There is one intellectual wrinkle here: Makeup artists actually want people to copy them — just not like this. “I put tutorials online in the hopes that people will recreate them and learn in the process,” says Mykie. She wants followers to watch her videos and do what she does; that’s the whole point. But she says there have been times when it seems like New York Fashion Week looks or makeup photos — or these all-too-familiar Snapchat filters — borrow from her without credit, and that these instances “feel like a punch in the gut. … [It] sends a message that makeup artists are not respected.”

For Pinal, Mykie, and other artists, it forces them to make a difficult decision: Snapchat is a dynamic platform for sharing their work and pushing their brands. Mykie is still using it (though she’s considering leaving).
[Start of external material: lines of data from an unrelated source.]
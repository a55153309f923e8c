-- ===== src/Signatures/Tests.antt =====
-- Rule matching at concrete inputs.
use surveillance_hound.Common.{◌≡◌, refl, true, false, [], ◌∷◌, arith}
use surveillance_hound.Core.{Rule, Observation, blank_observation, company, ble}
use surveillance_hound.Core.Text.{codes, starts_with}
use surveillance_hound.Signatures.{hex_prefix, matches}
use surveillance_hound.Signatures.Hex.{hex_text, hex_prefix-hex_text}

-- The company identifier of an Apple advertisement.
hex_prefix-hex_text_example :
    hex_prefix (hex_text (0x4c ∷ 0x00 ∷ [])) (0x4c ∷ 0x00 ∷ 0x12 ∷ [])
    ≡ starts_with (0x4c ∷ 0x00 ∷ 0x12 ∷ []) (0x4c ∷ 0x00 ∷ [])
hex_prefix-hex_text_example =
    hex_prefix-hex_text 0x4c (0x00 ∷ []) (0x4c ∷ 0x00 ∷ 0x12 ∷ []) (omega arith, (omega arith, tt))

abbrev apple : Rule
apple = record {
  id = codes "apple";
  category = 5;
  kind = company;
  value = codes "004C";
  score = 40;
  cap = 60;
  generic = false;
  label = [];
  reason = [];
}

abbrev advert : Observation
advert = record blank_observation {
  radio = ble;
  manufacturer = 0x4c ∷ 0x00 ∷ 0x12 ∷ [];
  manufacturer_len = 3;
}

company_matches : matches apple advert ≡ true
unfolding matches
company_matches = refl
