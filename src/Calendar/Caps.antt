-- ===== src/Calendar/Caps.antt =====
-- What `enforce_hard_caps` of app/agents/_calendar.py accepts.
use marketing_agentic_system.Common.{
  ℕ, ◌*◌, ◌≤◌, ◌≡◌, ◌↔◌, refl, sym, ap, ◌∙◌, Bool, ◌&&◌, ◌||◌, String, Option, none, some, List, [],
  ◌∷◌, ◌==◌, arith, inl, inr, Bool-cases, Option-cases, leb, if◌then◌else◌, length, count_where,
  All, select_where, count_where-select_where, str_eq,
}
use marketing_agentic_system.Common.Text.{lower}
use marketing_agentic_system.EmailDispatch.Footer.{is_empty}
use marketing_agentic_system.Data.{microseconds_per_day}
use marketing_agentic_system.Calendar.{
  PlannedTouchpoint, HardCap, Effective, Violation, window_days, effective_of, effective,
  sorted_by_time, is_on, violation_of, add_violation, enforce_hard_caps,
}
use marketing_agentic_system.Calendar.Windows.{
  in_window, sorted_by_time-InOrder, sorted_by_time-count, first_violation-IsWithin,
  IsWithin-first_violation,
}

-- No window of the cap's length, wherever it begins, holds more touches of its platform than its limit.
abbrev pub Respects : List PlannedTouchpoint → Effective → Type 0
Respects touchpoints e =
    (start : ℕ)
    → count_where
        (λ (t : PlannedTouchpoint).
          is_on e.platform t && in_window (e.days * microseconds_per_day) start t)
        touchpoints
      ≤ e.limit

window_days-positive : (per : String) (n : ℕ) → window_days per ≡ some n → 1 ≤ n
unfolding window_days
window_days-positive per n h = elim (Bool-cases (str_eq per "day")) [
  | inl a ↦ let k : 1 ≡ n = cc (rw a at h) in omega (arith, k)
  | inr a ↦ elim (Bool-cases (str_eq per "week")) [
    | inl b ↦ let k : 7 ≡ n = cc (rw (a, b) at h) in omega (arith, k)
    | inr b ↦ elim (Bool-cases (str_eq per "month")) [
      | inl c ↦ let k : 30 ≡ n = cc (rw (a, b, c) at h) in omega (arith, k)
      | inr c ↦ cc (rw (a, b, c) at h)
    ]
  ]
]

effective_of-days :
    (cap : HardCap) (limit days : Option ℕ) (e : Effective)
    → effective_of cap limit days ≡ some e
    → days ≡ some e.days
unfolding effective_of
effective_of-days cap none days e h = cc
effective_of-days cap (some limit) none e h = cc
effective_of-days cap (some limit) (some n) e h =
    elim (Bool-cases (is_empty cap.platform || (limit == 0))) [
      | inl t ↦ cc (rw t at h)
      | inr f ↦ ground (arith, h, f)
    ]

effective-days : (cap : HardCap) (e : Effective) → effective cap ≡ some e → 1 ≤ e.days
unfolding effective
effective-days cap e h =
    window_days-positive (lower cap.per) e.days
      (effective_of-days cap cap.limit (window_days (lower cap.per)) e h)

count-length :
    (p : PlannedTouchpoint → Bool) (l : List PlannedTouchpoint) → count_where p l ≤ length l
count-length p [] = omega arith
count-length p (t ∷ rest) =
    let ih = count-length p rest in let one = at_most_one (p t) in omega (arith, ih, one)
  where
    at_most_one : (b : Bool) → (if b then 1 else 0) ≤ 1
    at_most_one b = ground arith

-- The sorted touches of the platform, counted in the whole calendar.
matching-count :
    (touchpoints : List PlannedTouchpoint) (e : Effective) (start : ℕ)
    → count_where
        (in_window (e.days * microseconds_per_day) start)
        (sorted_by_time (select_where (is_on e.platform) touchpoints))
      ≡ count_where
          (λ (t : PlannedTouchpoint).
            is_on e.platform t && in_window (e.days * microseconds_per_day) start t)
          touchpoints
matching-count touchpoints e start =
    sorted_by_time-count (in_window (e.days * microseconds_per_day) start)
      (select_where (is_on e.platform) touchpoints)
    ∙ count_where-select_where (is_on e.platform) (in_window (e.days * microseconds_per_day) start)
        touchpoints

violation_of-none :
    (touchpoints : List PlannedTouchpoint) (e : Effective)
    → violation_of touchpoints (some e) ≡ none
    → Respects touchpoints e
unfolding violation_of
violation_of-none touchpoints e h = λ start.
    let matching = sorted_by_time (select_where (is_on e.platform) touchpoints) in
    let same = matching-count touchpoints e start in
    elim (Bool-cases (leb (length matching) e.limit)) [
      | inl t ↦
          let few : length matching ≤ e.limit = ground (arith, t) in
          let all = count-length (in_window (e.days * microseconds_per_day) start) matching in
          omega (arith, few, all, same)
      | inr f ↦
          let inner =
            first_violation-IsWithin e matching
              (sorted_by_time-InOrder (select_where (is_on e.platform) touchpoints)) (rw f at h)
              start in
          omega (arith, inner, same)
    ]

none-violation_of :
    (touchpoints : List PlannedTouchpoint) (e : Effective)
    → 1 ≤ e.days
    → Respects touchpoints e
    → violation_of touchpoints (some e) ≡ none
unfolding violation_of
none-violation_of touchpoints e d h =
    let matching = sorted_by_time (select_where (is_on e.platform) touchpoints) in
    elim (Bool-cases (leb (length matching) e.limit)) [
      | inl t ↦ rw t refl
      | inr f ↦ rw f (
          IsWithin-first_violation e matching d
            (sorted_by_time-InOrder (select_where (is_on e.platform) touchpoints))
            (λ start.
              let k = h start in
              let same = matching-count touchpoints e start in omega (arith, k, same)))
    ]

-- The calendar respects every cap that can be enforced.
abbrev pub RespectsAll : List PlannedTouchpoint → List HardCap → Type 0
RespectsAll touchpoints caps =
    All (λ (cap : HardCap). (e : Effective) → effective cap ≡ some e → Respects touchpoints e) caps

enforced-respects :
    (touchpoints : List PlannedTouchpoint) (caps : List HardCap)
    → enforce_hard_caps touchpoints caps ≡ []
    → RespectsAll touchpoints caps
unfolding enforce_hard_caps
enforced-respects touchpoints [] h = tt
enforced-respects touchpoints (cap ∷ rest) h =
    let (none_here, none_later) =
      split (violation_of touchpoints (effective cap)) (enforce_hard_caps touchpoints rest) h in
    (
      λ e q. violation_of-none touchpoints e (ap (violation_of touchpoints) (sym q) ∙ none_here),
      enforced-respects touchpoints rest none_later,
    )
  where
    split :
        (o : Option Violation) (l : List Violation) → add_violation o l ≡ [] → (o ≡ none) × (l ≡ [])
    split none l h = (refl, h)
    split (some v) l h = cc

respects-enforced :
    (touchpoints : List PlannedTouchpoint) (caps : List HardCap)
    → RespectsAll touchpoints caps
    → enforce_hard_caps touchpoints caps ≡ []
unfolding enforce_hard_caps
respects-enforced touchpoints [] h = refl
respects-enforced touchpoints (cap ∷ rest) h =
    let ih = respects-enforced touchpoints rest h.1 in
    elim (Option-cases (effective cap)) [
      | inl n ↦ rw (n, ih) refl
      | inr (e, q) ↦
          let here = none-violation_of touchpoints e (effective-days cap e q) (h.0 e q) in
          rw (q, here, ih) refl
    ]

-- The check raises no violation exactly when the calendar respects every cap that can be enforced, that
-- is, one with a platform, a known period and a positive limit: then no window of the cap's length,
-- wherever it begins, holds more touches of the platform than the limit.
pub enforce_hard_caps_iff :
    (touchpoints : List PlannedTouchpoint) (caps : List HardCap)
    → (enforce_hard_caps touchpoints caps ≡ []) ↔ RespectsAll touchpoints caps
enforce_hard_caps_iff touchpoints caps =
    (enforced-respects touchpoints caps, respects-enforced touchpoints caps)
“I’m so grateful to my fans and everyone who follows me and all the opportunities it’s given me,” says Pinal. “So it’s sad. I mean, [for a company as] big as Snapchat to steal your picture and not credit you at all…that’s hours of work.”

So why the seeming deception? Van Baarle thinks it might be the pressure and speed of the industry. “Artists are often asked to emulate a certain style or work under very short deadlines, so they resort to things like this,” van Baarle says. “I don’t know for sure whether that’s the problem in this specific case, but it seems likely to me.”

Perhaps what’s most maddening is that this feature could be used for good; Snapchat has the ability to connect with the artist community, ask for filter submissions, and credit those responsible. Snapchat has worked with brands on integrations like the hugely successful Taco Bell filter. Why can’t this treatment be used for individual artists already using the platform? Pinal says if Snapchat had a program in which it incorporated artists at the creative level — and provided credit — he would absolutely participate. Mykie says if she’d been asked for permission and either credit or compensation had been discussed, she would also agree.

Instead, these filters come and go, without much attention from the general public paid to whether or not it’s violating someone’s work. But now, multiple people have likely had their art used without consent by Snapchat.

In most cases, they’ve yet to even receive a response, which, as van Baarle puts it, is the most troubling part. “They’re ignoring the issue, which I think is the biggest problem of all.”

It’s all the more difficult for the artists who are asking for so little in return. “I love Snapchat, but it’s like … come on,” says Pinal. “Can you at least credit people?”